(Materials provided)
-- ===== src/H2/Build/Tests.antt =====
-- The checker on a small problem: one action swaps a token from `a` to `b`.
use ran_tan_plan.Prelude.{
  ℕ, zero, suc, ◌≡◌, refl, Bool, true, false, none, some, [], ◌∷◌, arith, In, inl, inr, ◌||◌, sym,
  subst, ◌++◌,
}
use ran_tan_plan.Expr.Kinds.{ExprKind, ExprOperator, kind_beq, op_beq}
use ran_tan_plan.Expr.Node.{ExprId, null, ref, id_beq, ExprNode, monostate, bool}
use ran_tan_plan.Expr.Pool.{
  ExprPool, is_state_variable, is_function_application, is_op, is_kind, children, is_bool_constant,
  get,
}
use ran_tan_plan.Problem.{
  Problem, Action, EffectExpression, EffectKind, TypeKind, is_bool_type, is_assign,
}
use ran_tan_plan.H2.{
  ActionData, mark_co_reachable, note, all_reachable, all_co_reachable, all_pairs, applicable,
  mark_reachable, pair_up, compatible, persist, add_pairs, keep_pair, keep_precondition, fire,
  visit, round, fixpoint,
}
use ran_tan_plan.H2.Build.{
  Checker, index_of, bool_facts, collect_list, is_conjunction, collect, added, deleted, concat_map,
  action_data, all_data, no_marks, initially_true, init_facts, init_reachable, init_pair,
  init_pairs, initial_tables, compute, mutex_pair_count, count_pairs, count_with,
}
use ran_tan_plan.H2.Build.World.{Valuation}
use ran_tan_plan.Expr.Pool.Laws.{Below, IsOrdered}
use ran_tan_plan.H2.Build.Total.{compute_returns}
use ran_tan_plan.H2.Build.Repeated.{compute-repeated}
use ran_tan_plan.H2.Diagonal.{NoDiagonal}

abbrev leaf : ExprKind → ExprNode
leaf k = record { kind = k; op = none; type_id = some 0; children = []; payload = monostate }

abbrev variable : ℕ → ExprNode
variable i = record {
  kind = ExprKind.state_variable;
  op = none;
  type_id = some 0;
  children = ref i ∷ [];
  payload = monostate;
}

abbrev constant : Bool → ExprNode
constant b = record {
  kind = ExprKind.constant;
  op = none;
  type_id = none;
  children = [];
  payload = bool b;
}

-- 1 is the fluent `a`, 3 the fluent `b`, 4 and 5 are the constants.
abbrev swap_pool : ExprPool
swap_pool = record {
  nodes =
      leaf ExprKind.fluent_symbol
      ∷ variable 0
      ∷ leaf ExprKind.fluent_symbol
      ∷ variable 2
      ∷ constant true
      ∷ constant false
      ∷ [];
  keys = [];
}

abbrev assign : ExprId → ExprId → EffectExpression
assign f v = record {
  kind = EffectKind.assign;
  fluent_id = f;
  value_id = v;
  condition_id = null;
  is_conditional = false;
}

abbrev swap_action : Action
swap_action = record {
  id = 0;
  precondition_id = ref 1;
  has_precondition = true;
  effects = assign (ref 3) (ref 4) ∷ assign (ref 1) (ref 5) ∷ [];
}

abbrev swap : Problem
swap = record {
  pool = swap_pool;
  types = TypeKind.bool ∷ [];
  grounded_fluents = ref 1 ∷ ref 3 ∷ [];
  actions = swap_action ∷ [];
  goals = [];
  initial_state =
      record { fluent_id = ref 1; value_id = ref 4 }
      ∷ record { fluent_id = ref 3; value_id = ref 5 }
      ∷ [];
}

abbrev swap_checker : Checker
swap_checker = record {
  index_to_fact = ref 1 ∷ ref 3 ∷ [];
  actions = record { preconditions = 0 ∷ []; add_effects = 1 ∷ []; del_effects = 0 ∷ [] } ∷ [];
  tables = record {
    reachable = true ∷ true ∷ [];
    co_reachable = (false ∷ false ∷ []) ∷ (false ∷ false ∷ []) ∷ [];
    changed = false;
  };
}

-- The same action with the precondition `a and a`.
abbrev repeated : Problem
repeated = record swap {
  pool = record swap_pool {
    nodes =
        swap_pool.nodes
        ++ leaf ExprKind.function_symbol
          ∷ record {
            kind = ExprKind.function_application;
            op = some ExprOperator.and;
            type_id = some 0;
            children = ref 6 ∷ ref 1 ∷ ref 1 ∷ [];
            payload = monostate;
          }
          ∷ [];
  };
  actions = record swap_action { precondition_id = ref 7 } ∷ [];
}

abbrev repeated_data : ActionData
repeated_data = record { preconditions = 0 ∷ 0 ∷ []; add_effects = 1 ∷ []; del_effects = 0 ∷ [] }

-- `b` is not found reachable.
abbrev repeated_checker : Checker
repeated_checker = record {
  index_to_fact = ref 1 ∷ ref 3 ∷ [];
  actions = repeated_data ∷ [];
  tables = record {
    reachable = true ∷ false ∷ [];
    co_reachable = (false ∷ false ∷ []) ∷ (false ∷ false ∷ []) ∷ [];
    changed = false;
  };
}

repeated_made : compute repeated 9 ≡ some repeated_checker
unfolding compute bool_facts all_data action_data collect collect_list is_conjunction index_of added
    deleted concat_map no_marks initially_true init_facts init_reachable init_pair init_pairs
    initial_tables fixpoint round visit fire keep_precondition keep_pair add_pairs persist
    compatible pair_up mark_reachable applicable all_pairs all_co_reachable all_reachable note
    mark_co_reachable is_bool_type is_assign is_bool_constant is_state_variable
    is_function_application is_op is_kind children get id_beq kind_beq op_beq
repeated_made = refl

compute-repeated_example :
    (applicable repeated_checker.tables repeated_data ≡ false) × NoDiagonal repeated_checker.tables
compute-repeated_example =
    compute-repeated repeated 9 repeated_checker repeated_data repeated_made (λ d. d.0 (inl refl))

abbrev token_at_a : Valuation
token_at_a e = id_beq e (ref 1) || id_beq e (ref 4)

place : ExprId → ℕ
place null = 0
place (ref i) = suc i

mutex_pair_count_swap : mutex_pair_count swap_checker ≡ 1
unfolding mutex_pair_count count_pairs count_with
mutex_pair_count_swap = refl

swap_pool-IsOrdered : IsOrdered swap_pool
unfolding children get
swap_pool-IsOrdered zero c m = absurd m
swap_pool-IsOrdered (suc zero) c (inl e) = subst (Below 1) (sym e) (omega arith)
swap_pool-IsOrdered (suc zero) c (inr m) = absurd m
swap_pool-IsOrdered (suc (suc zero)) c m = absurd m
swap_pool-IsOrdered (suc (suc (suc zero))) c (inl e) = subst (Below 3) (sym e) (omega arith)
swap_pool-IsOrdered (suc (suc (suc zero))) c (inr m) = absurd m
swap_pool-IsOrdered (suc (suc (suc (suc zero)))) c m = absurd m
swap_pool-IsOrdered (suc (suc (suc (suc (suc zero))))) c m = absurd m
swap_pool-IsOrdered (suc (suc (suc (suc (suc (suc i)))))) c m = absurd m

swap-Below : (a : Action) → In a swap.actions → Below 9 a.precondition_id
swap-Below a (inl e) = subst (λ (x : Action). Below 9 x.precondition_id) (sym e) (omega arith)
swap-Below a (inr m) = absurd m

compute_returns_example : (c : Checker) × (compute swap 9 ≡ some c)
compute_returns_example = compute_returns swap 9 swap_pool-IsOrdered swap-Below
(End Materials provided)
# Exercise details
Note every line of the entries in which "false" appears, and copy it down.

# Task solution
  ℕ, zero, suc, ◌≡◌, refl, Bool, true, false, none, some, [], ◌∷◌, arith, In, inl, inr, ◌||◌, sym,
      ∷ constant false
  is_conditional = false;
    co_reachable = (false ∷ false ∷ []) ∷ (false ∷ false ∷ []) ∷ [];
    changed = false;
    reachable = true ∷ false ∷ [];
    co_reachable = (false ∷ false ∷ []) ∷ (false ∷ false ∷ []) ∷ [];
    changed = false;
    (applicable repeated_checker.tables repeated_data ≡ false) × NoDiagonal repeated_checker.tables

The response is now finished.